→ **Exercise details**:
Look through the material below and report every line that includes "structural".

→ **Materials provided**:
+--

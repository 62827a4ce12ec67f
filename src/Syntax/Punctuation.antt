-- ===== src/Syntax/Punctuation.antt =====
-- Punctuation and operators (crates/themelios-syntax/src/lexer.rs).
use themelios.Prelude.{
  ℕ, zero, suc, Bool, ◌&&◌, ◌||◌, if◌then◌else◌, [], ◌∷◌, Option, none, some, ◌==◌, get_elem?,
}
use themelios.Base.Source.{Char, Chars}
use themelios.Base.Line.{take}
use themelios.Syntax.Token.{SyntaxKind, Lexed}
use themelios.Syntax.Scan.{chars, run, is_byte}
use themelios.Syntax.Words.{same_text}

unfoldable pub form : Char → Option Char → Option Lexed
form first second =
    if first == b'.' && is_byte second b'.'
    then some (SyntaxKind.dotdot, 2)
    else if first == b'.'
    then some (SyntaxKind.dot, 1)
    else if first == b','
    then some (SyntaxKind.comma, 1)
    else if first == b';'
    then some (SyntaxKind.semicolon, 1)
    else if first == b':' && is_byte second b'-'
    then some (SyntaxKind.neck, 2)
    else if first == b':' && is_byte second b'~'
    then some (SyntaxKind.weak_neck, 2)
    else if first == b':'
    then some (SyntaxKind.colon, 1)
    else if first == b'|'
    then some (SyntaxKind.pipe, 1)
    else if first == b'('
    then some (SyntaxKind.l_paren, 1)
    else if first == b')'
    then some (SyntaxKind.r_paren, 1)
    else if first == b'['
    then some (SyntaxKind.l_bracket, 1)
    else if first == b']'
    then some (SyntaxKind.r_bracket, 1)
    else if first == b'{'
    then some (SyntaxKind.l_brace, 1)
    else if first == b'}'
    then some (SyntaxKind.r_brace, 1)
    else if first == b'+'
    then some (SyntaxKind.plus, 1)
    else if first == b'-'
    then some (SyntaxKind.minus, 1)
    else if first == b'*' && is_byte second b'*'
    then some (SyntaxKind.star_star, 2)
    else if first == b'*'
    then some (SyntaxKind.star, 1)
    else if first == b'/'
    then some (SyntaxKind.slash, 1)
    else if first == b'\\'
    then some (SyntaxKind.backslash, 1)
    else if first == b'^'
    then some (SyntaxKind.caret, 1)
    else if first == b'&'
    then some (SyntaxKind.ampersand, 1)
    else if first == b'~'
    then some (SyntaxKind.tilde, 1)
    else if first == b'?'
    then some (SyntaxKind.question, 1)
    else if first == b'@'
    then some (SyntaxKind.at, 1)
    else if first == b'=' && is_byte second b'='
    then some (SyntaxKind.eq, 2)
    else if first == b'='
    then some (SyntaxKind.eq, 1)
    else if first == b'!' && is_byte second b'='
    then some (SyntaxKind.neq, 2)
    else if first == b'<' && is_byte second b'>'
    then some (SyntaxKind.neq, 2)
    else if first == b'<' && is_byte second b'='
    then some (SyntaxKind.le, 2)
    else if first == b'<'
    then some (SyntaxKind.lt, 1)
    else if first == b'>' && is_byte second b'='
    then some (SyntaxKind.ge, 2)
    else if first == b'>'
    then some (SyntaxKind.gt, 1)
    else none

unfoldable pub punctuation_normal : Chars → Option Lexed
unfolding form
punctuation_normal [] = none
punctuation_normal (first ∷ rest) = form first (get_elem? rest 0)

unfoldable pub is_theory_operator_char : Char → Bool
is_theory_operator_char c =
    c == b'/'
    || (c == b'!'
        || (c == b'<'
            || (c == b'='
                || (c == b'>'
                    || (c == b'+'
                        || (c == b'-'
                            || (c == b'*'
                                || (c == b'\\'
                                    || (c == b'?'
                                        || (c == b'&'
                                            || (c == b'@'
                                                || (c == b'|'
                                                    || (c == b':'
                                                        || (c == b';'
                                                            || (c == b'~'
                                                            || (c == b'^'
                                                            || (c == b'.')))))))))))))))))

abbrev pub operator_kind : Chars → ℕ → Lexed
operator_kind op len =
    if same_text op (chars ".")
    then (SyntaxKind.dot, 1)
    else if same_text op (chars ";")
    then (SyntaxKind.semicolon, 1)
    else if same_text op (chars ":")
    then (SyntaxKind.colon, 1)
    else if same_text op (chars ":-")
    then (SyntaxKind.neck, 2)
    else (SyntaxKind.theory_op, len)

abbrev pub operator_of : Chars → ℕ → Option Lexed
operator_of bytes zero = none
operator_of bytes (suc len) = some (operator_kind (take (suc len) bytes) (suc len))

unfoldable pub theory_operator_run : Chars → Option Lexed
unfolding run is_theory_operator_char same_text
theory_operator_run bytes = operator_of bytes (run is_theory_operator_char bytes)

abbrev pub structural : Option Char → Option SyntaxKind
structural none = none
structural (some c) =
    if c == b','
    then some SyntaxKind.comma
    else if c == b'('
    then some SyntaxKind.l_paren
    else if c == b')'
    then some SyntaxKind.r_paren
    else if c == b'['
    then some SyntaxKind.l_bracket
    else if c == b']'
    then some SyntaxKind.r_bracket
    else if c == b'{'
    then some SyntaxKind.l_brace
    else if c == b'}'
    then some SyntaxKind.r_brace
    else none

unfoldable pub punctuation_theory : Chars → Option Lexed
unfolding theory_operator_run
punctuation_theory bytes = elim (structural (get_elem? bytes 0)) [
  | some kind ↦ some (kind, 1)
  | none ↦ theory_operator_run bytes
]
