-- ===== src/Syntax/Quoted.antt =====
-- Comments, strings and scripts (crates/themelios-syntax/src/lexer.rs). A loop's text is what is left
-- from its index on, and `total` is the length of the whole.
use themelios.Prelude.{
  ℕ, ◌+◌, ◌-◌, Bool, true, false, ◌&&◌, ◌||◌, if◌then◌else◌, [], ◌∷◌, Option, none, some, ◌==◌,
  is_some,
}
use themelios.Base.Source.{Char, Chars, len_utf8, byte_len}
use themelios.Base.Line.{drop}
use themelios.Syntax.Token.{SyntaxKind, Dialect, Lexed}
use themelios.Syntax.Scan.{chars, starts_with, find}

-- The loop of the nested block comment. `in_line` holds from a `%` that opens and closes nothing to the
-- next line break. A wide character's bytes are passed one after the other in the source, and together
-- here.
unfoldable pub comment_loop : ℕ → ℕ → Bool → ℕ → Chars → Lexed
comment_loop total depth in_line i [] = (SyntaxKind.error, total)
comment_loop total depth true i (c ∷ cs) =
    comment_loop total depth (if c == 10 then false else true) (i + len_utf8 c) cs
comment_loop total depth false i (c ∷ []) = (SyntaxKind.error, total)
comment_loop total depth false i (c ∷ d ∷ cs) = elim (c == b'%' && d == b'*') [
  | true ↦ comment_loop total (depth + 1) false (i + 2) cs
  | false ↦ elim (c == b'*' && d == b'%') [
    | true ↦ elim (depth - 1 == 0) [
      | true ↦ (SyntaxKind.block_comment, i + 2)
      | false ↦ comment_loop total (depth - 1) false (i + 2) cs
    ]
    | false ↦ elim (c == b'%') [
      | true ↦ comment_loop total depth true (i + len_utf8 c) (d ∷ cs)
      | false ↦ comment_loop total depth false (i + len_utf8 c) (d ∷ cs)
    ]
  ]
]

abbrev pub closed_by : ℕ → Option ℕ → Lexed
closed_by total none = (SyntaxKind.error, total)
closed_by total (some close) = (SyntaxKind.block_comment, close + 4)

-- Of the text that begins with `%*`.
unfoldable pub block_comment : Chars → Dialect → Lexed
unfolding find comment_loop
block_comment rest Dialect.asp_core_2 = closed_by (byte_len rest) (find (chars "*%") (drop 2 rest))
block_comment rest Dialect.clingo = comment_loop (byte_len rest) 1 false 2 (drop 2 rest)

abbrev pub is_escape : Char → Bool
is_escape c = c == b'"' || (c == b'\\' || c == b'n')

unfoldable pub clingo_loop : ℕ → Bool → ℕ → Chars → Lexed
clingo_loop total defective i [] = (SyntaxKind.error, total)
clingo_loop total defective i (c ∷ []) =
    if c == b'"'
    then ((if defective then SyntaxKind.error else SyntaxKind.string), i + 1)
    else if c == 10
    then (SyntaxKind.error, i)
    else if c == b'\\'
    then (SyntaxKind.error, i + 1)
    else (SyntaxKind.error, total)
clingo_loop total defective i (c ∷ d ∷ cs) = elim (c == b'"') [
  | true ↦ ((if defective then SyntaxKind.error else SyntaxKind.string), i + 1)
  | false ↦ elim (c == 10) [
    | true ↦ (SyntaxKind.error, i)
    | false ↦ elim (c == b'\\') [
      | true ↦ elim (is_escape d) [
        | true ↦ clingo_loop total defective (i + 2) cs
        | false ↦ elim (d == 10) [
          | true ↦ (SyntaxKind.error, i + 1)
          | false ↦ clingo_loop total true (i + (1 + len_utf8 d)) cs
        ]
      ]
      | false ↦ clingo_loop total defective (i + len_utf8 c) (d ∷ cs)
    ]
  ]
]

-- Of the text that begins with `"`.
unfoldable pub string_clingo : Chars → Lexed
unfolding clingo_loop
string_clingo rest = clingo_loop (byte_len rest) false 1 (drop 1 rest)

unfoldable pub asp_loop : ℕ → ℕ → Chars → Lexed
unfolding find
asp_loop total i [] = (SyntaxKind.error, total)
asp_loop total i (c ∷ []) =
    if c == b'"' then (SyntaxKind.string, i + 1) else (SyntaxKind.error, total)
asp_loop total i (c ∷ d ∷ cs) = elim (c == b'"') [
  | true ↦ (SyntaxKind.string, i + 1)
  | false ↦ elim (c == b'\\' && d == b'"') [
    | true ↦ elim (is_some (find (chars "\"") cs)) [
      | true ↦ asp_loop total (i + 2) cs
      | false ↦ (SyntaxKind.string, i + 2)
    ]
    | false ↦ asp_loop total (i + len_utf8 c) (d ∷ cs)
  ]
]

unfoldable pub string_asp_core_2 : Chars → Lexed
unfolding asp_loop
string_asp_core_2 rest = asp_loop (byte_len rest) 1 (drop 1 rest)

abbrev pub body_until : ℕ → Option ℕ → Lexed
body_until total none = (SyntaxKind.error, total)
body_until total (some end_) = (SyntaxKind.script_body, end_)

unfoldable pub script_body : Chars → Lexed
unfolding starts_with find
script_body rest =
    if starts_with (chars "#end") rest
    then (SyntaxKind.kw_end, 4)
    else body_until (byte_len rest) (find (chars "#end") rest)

+--

→ **Written answer**:
abbrev pub structural : Option Char → Option SyntaxKind
structural none = none
structural (some c) =
punctuation_theory bytes = elim (structural (get_elem? bytes 0)) [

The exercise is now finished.